So you need a business loan. The process begins with a loan application, generally submitted to a bank, credit union or private lender. The lender then considers the borrower's application, often assessing factors like income, credit score, cash flow, cash reserves and collateral, when applicable. Based on these factors, a lender might approve a borrower's application and extend a certain set of terms: a lender offers X dollars at Y interest rate over Z months or years.

"Once funds from an approved loan are disbursed, interest begins to accrue immediately and is usually expected to be paid monthly," said Larry Fuschino, owner of Raider Consulting. "Principal of the loan is to be repaid based on the terms of the loan, which can vary with each situation and borrower. However, these terms will be disclosed in the documentation provided by the lender."

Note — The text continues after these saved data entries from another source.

-- ===== src/Input/Prepare.antt =====
-- internal/runtime/input_worker.go: `ensureProgress` and `prepare`.
use Prim.Native.String.{◌++◌}
use market_data_backend.Prelude.{
  ℕ, ℕ_eq, String, Bool, true, false, List, [], ◌∷◌, Option, none, some, Result, ok, err, ◌==◌,
  String_eq, if◌then◌else◌, is_some,
}
use market_data_backend.Prelude.Map
use market_data_backend.Prelude.Text.{quoted}
use market_data_backend.Prelude.Int.{ℤ, pos, negsuc, leb_ℤ}
use market_data_backend.Model.{Time, Trade, Kline, OrderBookDelta, StreamWriteProgress}
use market_data_backend.Model.StreamKind
use market_data_backend.Model.ActualStatus
use market_data_backend.Sequence.{check_delta_continuity}
use market_data_backend.Input.Types.{Message, Builders, PendingRecord, InputWorker}
use market_data_backend.Input.Status.{set_status, newer}

-- One call of `LoadStreamWriteProgress`; `load_cancelled` is a failure with the context done.
pub data LoadAttempt : Type 0 where
  loaded : Option StreamWriteProgress → LoadAttempt
  load_failed : String → LoadAttempt
  load_cancelled : LoadAttempt

-- The delta that stands for the progress in the database, with only its cursors known.
unfoldable pub progress_entry : InputWorker → StreamWriteProgress → OrderBookDelta
progress_entry iw progress = record {
  group_id = "";
  input_id = "";
  event_time = pos 0;
  exchange_time = none;
  local_receive_time = none;
  raw_event_id = progress.last_raw_event_id;
  first_update_id = none;
  last_update_id = newer iw.snapshot_reset_last_update progress.last_update_id;
  prev_update_id = none;
  sequence = newer iw.snapshot_reset_seq progress.last_sequence;
  bids = [];
  asks = [];
  raw_payload = [];
  kafka_topic = "";
  kafka_partition = 0;
  kafka_offset = pos 0;
}

unfoldable pub install_progress : InputWorker → ℕ → Option StreamWriteProgress → InputWorker
unfolding progress_entry
install_progress iw partition none = record iw {
  loaded_progress = Map.insert partition true iw.loaded_progress;
  durable_by_partition = Map.insert partition (negsuc 0) iw.durable_by_partition;
}
install_progress iw partition (some progress) = record iw {
  loaded_progress = Map.insert partition true iw.loaded_progress;
  durable_by_partition = Map.insert partition progress.durable_offset iw.durable_by_partition;
  partition = partition;
  committed_offset = some progress.durable_offset;
  last_delta_by_partition =
      if iw.input.stream_kind == StreamKind.order_book_delta
      then Map.insert partition (progress_entry iw progress) iw.last_delta_by_partition
      else iw.last_delta_by_partition;
  snapshot_reset_seq = none;
  snapshot_reset_last_update = none;
}

-- The loop of `ensureProgress`; when the attempts end, the wait between two of them was cancelled.
unfoldable pub load_progress : InputWorker → ℕ → List LoadAttempt → InputWorker × Bool
unfolding install_progress set_status
load_progress iw partition [] = (iw, false)
load_progress iw partition (loaded progress ∷ _) = (install_progress iw partition progress, true)
load_progress iw partition (load_failed e ∷ attempts) =
    load_progress (set_status iw ActualStatus.error ("load progress: " ++ e)) partition attempts
load_progress iw partition (load_cancelled ∷ _) = (iw, false)

abbrev pub flag : Option Bool → Bool
flag (some b) = b
flag none = false

unfoldable pub ensure_progress : InputWorker → ℕ → List LoadAttempt → InputWorker × Bool
unfolding load_progress
ensure_progress iw partition attempts =
    if flag (Map.lookup partition iw.loaded_progress)
    then (iw, true)
    else load_progress iw partition attempts

-- What a Go map of numbers returns for a missing key.
abbrev pub or_zero : Option ℤ → ℤ
or_zero (some x) = x
or_zero none = pos 0

pub data Prepared : Type 0 where
  prepared : PendingRecord → Prepared
  failed : (stage message : String) → Prepared

abbrev pub bare_record : Message → Time → PendingRecord
bare_record msg event_time = record {
  msg = msg;
  event_time = event_time;
  trade = none;
  kline = none;
  delta = none;
}

abbrev pub trade_record : Message → Result String Trade → Prepared
trade_record msg (ok t) = prepared (record (bare_record msg t.event_time) { trade = some t })
trade_record msg (err e) = failed "decode" e

abbrev pub kline_record : Message → Result String Kline → Prepared
kline_record msg (ok k) = prepared (record (bare_record msg k.close_time) { kline = some k })
kline_record msg (err e) = failed "decode" e

-- The delta case behind the continuity gate.
abbrev pub gated_delta :
    InputWorker → Message → OrderBookDelta → Result String Bool → InputWorker × Prepared
gated_delta iw msg d (err e) =
    if is_some iw.snapshot_reset_seq
    then (iw, prepared (bare_record msg d.event_time))
    else if is_some iw.snapshot_reset_last_update
    then (iw, prepared (bare_record msg d.event_time))
    else (iw, failed "sequence" e)
gated_delta iw msg d (ok false) = (iw, prepared (bare_record msg d.event_time))
gated_delta iw msg d (ok true) =
    let stored = record d { raw_payload = msg.value } in
    (
      record iw {
        last_delta_by_partition = Map.insert msg.partition stored iw.last_delta_by_partition;
      },
      prepared (record (bare_record msg d.event_time) { delta = some stored }),
    )

abbrev pub delta_record :
    InputWorker → Message → Result String OrderBookDelta → InputWorker × Prepared
delta_record iw msg (err e) = (iw, failed "decode" e)
delta_record iw msg (ok d) =
    gated_delta iw msg d
      (check_delta_continuity (Map.lookup msg.partition iw.last_delta_by_partition) d)

-- `prepare`: a message at or below the durable offset is kept without a fact.
unfoldable pub prepare : Builders → InputWorker → Message → InputWorker × Prepared
prepare b iw msg =
    if leb_ℤ msg.offset (or_zero (Map.lookup msg.partition iw.durable_by_partition))
    then (iw, prepared (bare_record msg (pos 0)))
    else if iw.input.stream_kind == StreamKind.trade
    then (iw, trade_record msg (b.build_trade iw.input msg))
    else if iw.input.stream_kind == StreamKind.kline
    then (iw, kline_record msg (b.build_kline iw.input msg))
    else if iw.input.stream_kind == StreamKind.order_book_delta
    then delta_record iw msg (b.build_order_book_delta iw.input msg)
    else (iw, failed "decode" ("unsupported stream_kind " ++ quoted iw.input.stream_kind))
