-- ===== src/Input/Flush.antt =====
-- internal/runtime/input_worker.go: `flushBatch`.
use Prim.Native.String.{◌++◌}
use market_data_backend.Prelude.{
  ℕ, ℕ_eq, String, Bool, true, false, List, [], ◌∷◌, Option, none, some, ◌==◌, String_eq,
  if◌then◌else◌, last_or,
}
use market_data_backend.Prelude.Map
use market_data_backend.Prelude.Int.{ℤ_eq, pos}
use market_data_backend.Model.{Time, Trade, Kline, OrderBookDelta, StreamWriteProgress}
use market_data_backend.Model.StreamKind
use market_data_backend.Model.ActualStatus
use market_data_backend.Input.Config.{input_id}
use market_data_backend.Input.Types.{
  Message, PendingRecord, FactBatch, Effect, wrote, committed, notified, InputWorker,
}
use market_data_backend.Input.Status.{set_status, advance}

-- One call of the database or the broker; `cancelled` is a failure with the context done.
pub data Attempt : Type 0 where
  succeeded : Attempt
  failed_with : String → Attempt
  cancelled : Attempt

-- A retry loop; when the attempts end, the wait between two of them was cancelled.
unfoldable pub retry : String → InputWorker → List Attempt → InputWorker × Bool
unfolding set_status
retry what iw [] = (iw, false)
retry what iw (succeeded ∷ _) = (iw, true)
retry what iw (failed_with e ∷ attempts) =
    retry what (set_status iw ActualStatus.error (what ++ e)) attempts
retry what iw (cancelled ∷ _) = (iw, false)

abbrev pub push {ℓ} : {A : Type ℓ} → Option A → List A → List A
push none xs = xs
push (some x) xs = x ∷ xs

unfoldable pub trades_of : List PendingRecord → List Trade
trades_of [] = []
trades_of (r ∷ rs) = push r.trade (trades_of rs)

unfoldable pub klines_of : List PendingRecord → List Kline
klines_of [] = []
klines_of (r ∷ rs) = push r.kline (klines_of rs)

unfoldable pub deltas_of : List PendingRecord → List OrderBookDelta
deltas_of [] = []
deltas_of (r ∷ rs) = push r.delta (deltas_of rs)

-- The cursors of the progress row; the zero delta where the partition has none.
unfoldable pub cursor_progress : String → Message → Option OrderBookDelta → StreamWriteProgress
cursor_progress id msg none = record {
  input_id = id;
  kafka_partition = msg.partition;
  durable_offset = msg.offset;
  last_raw_event_id = "";
  last_update_id = none;
  last_sequence = none;
}
cursor_progress id msg (some cursor) = record {
  input_id = id;
  kafka_partition = msg.partition;
  durable_offset = msg.offset;
  last_raw_event_id = cursor.raw_event_id;
  last_update_id = cursor.last_update_id;
  last_sequence = cursor.sequence;
}

abbrev pub cursor_of : InputWorker → ℕ → Option OrderBookDelta
cursor_of iw partition =
    if iw.input.stream_kind == StreamKind.order_book_delta
    then Map.lookup partition iw.last_delta_by_partition
    else none

unfoldable pub batch_of : InputWorker → List PendingRecord → Message → FactBatch
unfolding trades_of klines_of deltas_of cursor_progress input_id
batch_of iw records last = record {
  trades = trades_of records;
  klines = klines_of records;
  order_book_deltas = deltas_of records;
  progress = cursor_progress (input_id iw.input) last (cursor_of iw last.partition);
}

-- The event time of the last record that has one.
unfoldable pub last_event_time : List PendingRecord → Option Time
last_event_time [] = none
last_event_time (r ∷ rs) = elim (last_event_time rs) [
  | some t ↦ some t
  | none ↦ if r.event_time == pos 0 then none else some r.event_time
]

abbrev pub note : InputWorker → Effect → InputWorker
note iw effect = record iw { log = effect ∷ iw.log }

-- The order book hears of the deltas in their order.
unfoldable pub notify : InputWorker → List OrderBookDelta → InputWorker
notify iw [] = iw
notify iw (d ∷ ds) = notify (note iw (notified d)) ds

unfoldable pub notify_batch : InputWorker → List PendingRecord → InputWorker
unfolding notify deltas_of
notify_batch iw records =
    if iw.has_callback
    then (if iw.input.stream_kind == StreamKind.order_book_delta
        then notify iw (deltas_of records)
        else iw)
    else iw

-- What follows a commit that succeeded.
unfoldable pub after_commit : InputWorker → List PendingRecord → Message → Time → InputWorker
unfolding notify_batch last_event_time advance set_status
after_commit iw records last now =
    let durable = record (note iw (committed last.partition last.offset)) {
      durable_by_partition = Map.insert last.partition last.offset iw.durable_by_partition;
    } in
    set_status (advance (notify_batch durable records) last (last_event_time records) now)
      ActualStatus.running ""

-- The answers of the outside to one flush: of the database, of the broker, and the time.
pub record FlushAnswers : Type 0 where
  pub writes : List Attempt
  pub commits : List Attempt
  pub now : Time

abbrev pub commit_batch :
    InputWorker × Bool → List PendingRecord → Message → Time → InputWorker × Bool
commit_batch (iw, true) records last now = (after_commit iw records last now, true)
commit_batch (iw, false) records last now = (iw, false)

abbrev pub write_batch :
    InputWorker × Bool
    → FactBatch
    → List PendingRecord
    → Message
    → FlushAnswers
    → InputWorker × Bool
write_batch (iw, true) batch records last a =
    commit_batch (retry "commit: " (note iw (wrote batch records)) a.commits) records last a.now
write_batch (iw, false) batch records last a = (iw, false)

unfoldable pub flush_batch : InputWorker → List PendingRecord → FlushAnswers → InputWorker × Bool
unfolding retry batch_of after_commit
flush_batch iw [] a = (iw, true)
flush_batch iw (r ∷ rs) a =
    let last = (last_or r rs).msg in
    write_batch (retry "write: " iw a.writes) (batch_of iw (r ∷ rs) last) (r ∷ rs) last a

There is more to it than that. In addition to the principal, interest rate and repayment term, many lenders include other fees and terms in their loan agreements. For entrepreneurs, it is crucial to understand every aspect of the agreement before accepting a loan, as they can sometimes contain hidden gotchas that balloon into significant expenses.

"I'd advise other small business owners to comb the repayment terms … Better yet, have a professional look over everything," said Jesse Silkoff, founder of MyRoofingPal. "While you may be using a reputable lender, it never hurts to make sure you're getting a fair deal. Don't let a lender exploit the fact that you need this loan. There are always other options out there if they aren't willing to give you fair terms." 

What is a loan repayment term?

One of the most important elements of a loan is the repayment term, which is the amount of time you can expect it to take to fully repay the loan debt and the interest associated with it. In some cases, the loan can be repaid before it reaches maturity; in other cases, loan borrowers face a steep penalty for doing so.

"The repayment term is also known as the loan period, or the duration of time over which the borrower will complete repayment of the loan to the lender," said Jared Weitz, founder and CEO of United Capital Source.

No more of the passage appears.